От его взгляда, жесткого, точно сталь пистолета, мне стало немного не по себе. Захотелось разрядить обстановку.

Мой взгляд упал на гитару, висящую на стене.

– Если б я умела играть и придумывать песни, я бы спела о том счастье, которого у меня никогда не было.

Иван проследил мой взгляд.

– Я знаю такую песню.

– Ты играешь?

– Немного.

– Спой для меня, пожалуйста. Хочу услышать эту песню.

Он замялся.

– Давно не держал в руках гитару. Не знаю, что получится.
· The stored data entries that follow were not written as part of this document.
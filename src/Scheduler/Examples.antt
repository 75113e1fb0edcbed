-- ===== src/Scheduler/Examples.antt =====
-- Tests of the scheduler, and its theorems at concrete inputs. The numbers of the tests are natural
-- numbers: whole seconds, with differences and quotients cut off.
use mathlib.Core.List.{Memᴰ}
use native.Mathlib.Nat.{div-le_self, zero-mul}
use ampa.Prelude.{
  zero, suc, lookup, ℕ, ◌+◌, ◌-◌, ◌*◌, ◌/◌, true, false, not, ◌&&◌, [], ◌∷◌, none, some, ◌≡◌, refl,
  ℤ, pos, negsuc, ltb, leb, ◌==◌, arith, insert, ◌⊎◌,
}
use ampa.Scheduler.{CommandSpec, CommandState, Run, Store, no_state, get_state}
use ampa.Scheduler.Start.{Executed, Raised, start_command, exit_code_of}
use ampa.Scheduler.Numbers.{Floats, Laws}
use ampa.Scheduler.Selection.{Config, is_eligible, global_rate_limited, select_next, score_command}
use ampa.Scheduler.Choice.{IsChoice, select_next_lem, select_next_live}
use ampa.Scheduler.Runs.{
  is_none, HistoriesBounded, start_command-running, start_command_bounded,
  select_next-start_command,
}
use ampa.Scheduler.Stale.{
  is_stale, clear_one, clear_stale_running_states, clear_stale_running_states_lem,
}

abbrev natural : ℤ → ℕ
natural (pos n) = n
natural (negsuc n) = 0

abbrev whole : Floats
whole = record {
  Float = ℕ;
  of_ℤ = natural;
  add = λ a b. a + b;
  minus = λ a b. a - b;
  times = λ a b. a * b;
  over = λ a b. a / b;
  lt = ltb;
  le = leb;
  eq = λ a b. a == b;
  seconds = λ us. natural us / 1000000;
  timestamp = λ us. us / 1000000;
}

whole_laws : Laws whole
whole_laws = record {
  asym = λ a b. go_asym a b;
  cotrans = λ a b c. go_cotrans a b c;
  le_lem = λ a b. go_le a b;
  eq_lem = λ a b. go_eq a b;
  zero_lt_one = refl;
  over_sign = λ a b. go_over a b;
  times_zero = λ a b. go_times a b;
}
  where
    go_asym : (a b : ℕ) → ltb a b ≡ true → ltb b a ≡ false
    go_asym a b h = ground arith

    go_cotrans : (a b c : ℕ) → ltb a c ≡ true → (ltb a b ≡ true) ⊎ (ltb b c ≡ true)
    go_cotrans a b c h = ground arith

    go_le : (a b : ℕ) → leb a b ≡ not (ltb b a)
    go_le a b = ground arith

    go_eq : (a b : ℕ) → (a == b) ≡ (not (ltb a b) && not (ltb b a))
    go_eq a b = ground arith

    go_over : (a b : ℕ) → ltb 0 b ≡ true → ltb 0 (a / b) ≡ true → ltb 0 a ≡ true
    go_over a b h k = ground (arith, div-le_self a b)

    go_times : (a b : ℕ) → ltb 0 a ≡ false → ltb a 0 ≡ false → ltb 0 (a * b) ≡ false
    go_times zero b h k = rw (zero-mul b) refl
    go_times (suc a) b h k = absurd (ground arith)

abbrev audit : CommandSpec
audit = record {
  command_id = "audit";
  command = "true";
  requires_llm = false;
  frequency_minutes = pos 1;
  priority = pos 2;
  command_type = "shell";
}

abbrev delegation : CommandSpec
delegation = record audit {
  command_id = "delegation";
  command_type = "delegation";
  requires_llm = true;
}

abbrev idle_state : CommandState
idle_state = record no_state { last_run_ts = some 1000000 }

-- The audit ran a second after the epoch, the delegation is marked as running since then.
abbrev store : Store
store = record {
  commands = audit ∷ delegation ∷ [];
  states =
      ("audit", idle_state)
      ∷ ("delegation", record idle_state { running = true; last_start_ts = some 1000000 })
      ∷ [];
  last_global_start = some 1000000;
}

abbrev config : Config whole
config = record { priority_weight = 1; global_min_interval_seconds = pos 60 }

-- 200 seconds after the epoch.
abbrev now : ℕ
now = 200000000

abbrev a_run : Run
a_run = record { start_ts = 200000000; end_ts = 201500000; exit_code = pos 124; output = some "" }

select_test : select_next whole config true now store ≡ some audit
unfolding select_next is_eligible score_command get_state
select_test = refl

cleared_test :
    (get_state "delegation"
      (clear_stale_running_states now (pos 100) (audit ∷ delegation ∷ []) store)).running
    ≡ false
unfolding get_state clear_stale_running_states clear_one insert
cleared_test = refl

exit_test : exit_code_of Raised.keyboard_interrupt ≡ pos 130
unfolding exit_code_of
exit_test = refl

select_next_lem_example :
    IsChoice whole_laws config true now store audit
    × (global_rate_limited whole config now store ≡ false)
unfolding select_next is_eligible score_command get_state
select_next_lem_example = select_next_lem whole_laws config true now store audit refl

select_next_live_example :
    (spec : CommandSpec) × (select_next whole config true now store ≡ some spec)
unfolding select_next is_eligible score_command get_state global_rate_limited
select_next_live_example =
    select_next_live whole_laws config true now store audit refl (Memᴰ.head refl) refl refl

start_command-running_example :
    ((get_state "delegation"
        (start_command 2 (λ s r o. none) now delegation (Executed.returned a_run) store).0).running
      ≡ is_none (start_command 2 (λ s r o. none) now delegation (Executed.returned a_run) store).1)
    × (is_none (start_command 2 (λ s r o. none) now delegation (Executed.returned a_run) store).1
        ≡ true)
start_command-running_example =
    start_command-running 2 (λ s r o. none) now delegation (Executed.returned a_run) store

select_next-start_command_example :
    select_next whole config true 210000000
      (start_command 2 (λ s r o. some r) now delegation (Executed.returned a_run) store).0
    ≡ none
select_next-start_command_example =
    select_next-start_command 2 (λ s r o. some r) now delegation (Executed.returned a_run) store
      whole config true 210000000 refl

start_command_bounded_example :
    HistoriesBounded 2
      (start_command 2 (λ s r o. some r) now delegation (Executed.returned a_run) store).0
unfolding get_state lookup
start_command_bounded_example =
    start_command_bounded 2 (λ s r o. some r) now delegation (Executed.returned a_run) store
      (omega arith) bounded
  where
    bounded : HistoriesBounded 2 store
    bounded k = ground arith

clear_stale_running_states_lem_example :
    get_state "delegation"
      (clear_stale_running_states now (pos 100) (audit ∷ delegation ∷ []) store)
    ≡ record idle_state { last_start_ts = some 1000000 }
unfolding get_state is_stale
clear_stale_running_states_lem_example =
    clear_stale_running_states_lem now (pos 100) (audit ∷ delegation ∷ []) "delegation" store
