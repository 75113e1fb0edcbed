-- ===== src/SchedulerStore/Commands.antt =====
-- The commands of the store and their states.
use ampa.Prelude.{
  String, true, false, not, ◌||◌, none, some, ◌≡◌, refl, subst, arith, if◌then◌else◌, lookup,
  insert, remove, has, lookup-insert, lookup-remove, Dict, Bool-cases, Option-cases, inl, inr,
  str_eq, eq_iff,
}
use ampa.Value.{Fields, end, dict, truthy}
use ampa.SchedulerStore.{StoreData, add_command, remove_command, get_command, get_state}

module _ {ℓ} {V : Type ℓ} where
  has-insert :
      (k j : String) (v : V) (m : Dict V)
      → has j (insert k v m) ≡ (if str_eq k j then true else has j m)
  unfolding has
  has-insert k j v m = elim (Bool-cases (str_eq k j)) [
    | inl same ↦ rw (lookup-insert, same) refl
    | inr other ↦ rw (lookup-insert, other) refl
  ]

  has-remove :
      (k j : String) (m : Dict V) → has j (remove k m) ≡ (if str_eq k j then false else has j m)
  unfolding has
  has-remove k j m = elim (Bool-cases (str_eq k j)) [
    | inl same ↦ rw (lookup-remove, same) refl
    | inr other ↦ rw (lookup-remove, other) refl
  ]

-- Every command of the store has a state.
abbrev pub HaveStates : StoreData → Type 0
HaveStates d = (k : String) → (not (has k d.commands) || has k d.state) ≡ true

module _ (command_id : String) (spec : Fields) (data_ : StoreData) where
  -- Where every command has a state, that is so after a command was added.
  pub add_command-HaveStates : HaveStates data_ → HaveStates (add_command command_id spec data_)
  unfolding add_command
  add_command-HaveStates h k = elim (Bool-cases (has command_id data_.state)) [
    | inl there ↦
        rw there
          (ground (arith, h k, has-insert command_id k spec data_.commands, eq_iff command_id k))
    | inr missing ↦ rw missing (
        ground (
          arith,
          h k,
          has-insert command_id k spec data_.commands,
          has-insert command_id k end data_.state,
        ))
  ]

  -- Where every command has a state, that is so after a command was removed.
  pub remove_command-HaveStates : HaveStates data_ → HaveStates (remove_command command_id data_)
  unfolding remove_command
  remove_command-HaveStates h k =
      ground
        (arith, h k, has-remove command_id k data_.commands, has-remove command_id k data_.state)

  -- After a command was added it is read back, unless it is an empty dict, and every other command
  -- is read as before.
  pub get_command-add_command :
      (k : String)
      → get_command k (add_command command_id spec data_) ≡ (
          if str_eq command_id k
          then (if truthy (dict spec) then some spec else none)
          else get_command k data_)
  unfolding get_command add_command
  get_command-add_command k = elim (Bool-cases (str_eq command_id k)) [
    | inl same ↦ rw (lookup-insert, same) refl
    | inr other ↦ rw (lookup-insert, other) refl
  ]

  -- A command that is added keeps the state that was stored under its id, and so does every other.
  pub get_state-add_command :
      (k : String) → get_state k (add_command command_id spec data_) ≡ get_state k data_
  unfolding get_state add_command has
  get_state-add_command k = elim (Option-cases (lookup command_id data_.state)) [
    | inr (old, found) ↦ rw found refl
    | inl missing ↦ elim (Bool-cases (str_eq command_id k)) [
      | inl same ↦
          let here : command_id ≡ k = (eq_iff command_id k).0 same in
          let there : lookup k data_.state ≡ none =
            subst (λ i. lookup i data_.state ≡ none) here missing in
          rw (missing, lookup-insert, same, there) refl
      | inr other ↦ rw (missing, lookup-insert, other) refl
    ]
  ]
Надо же. Оказывается, он умеет смущаться. Такое впечатление, что Иван, как средневековый рыцарь, надел на себя непробиваемую броню, под которой скрывается человек, умеющий тонко чувствовать.

И, возможно, даже любить…

– Пожалуйста…

– Ну, если ты действительно этого хочешь…

Он подошел к стене, бережно снял с нее инструмент. Потом сел в кресло, подстроил гитару и запел.


– Завтра снова я достану из шкафа

твой пыльник,

Снова соберу тебя я в дорогу.

Только смотри не забудь

свои крылья,

Видишь, я прошу не так уж и много…


У него был очень красивый голос. Сильный, глубокий, с истинно мужской хрипотцой, нисколько его не портящей – наоборот, дополняющей образ. Я прямо увидела картину, как мужчина, прошедший огонь, воду и ад на земле, помогает собраться в путь своей девушке, понимая, что больше никогда ее не увидит.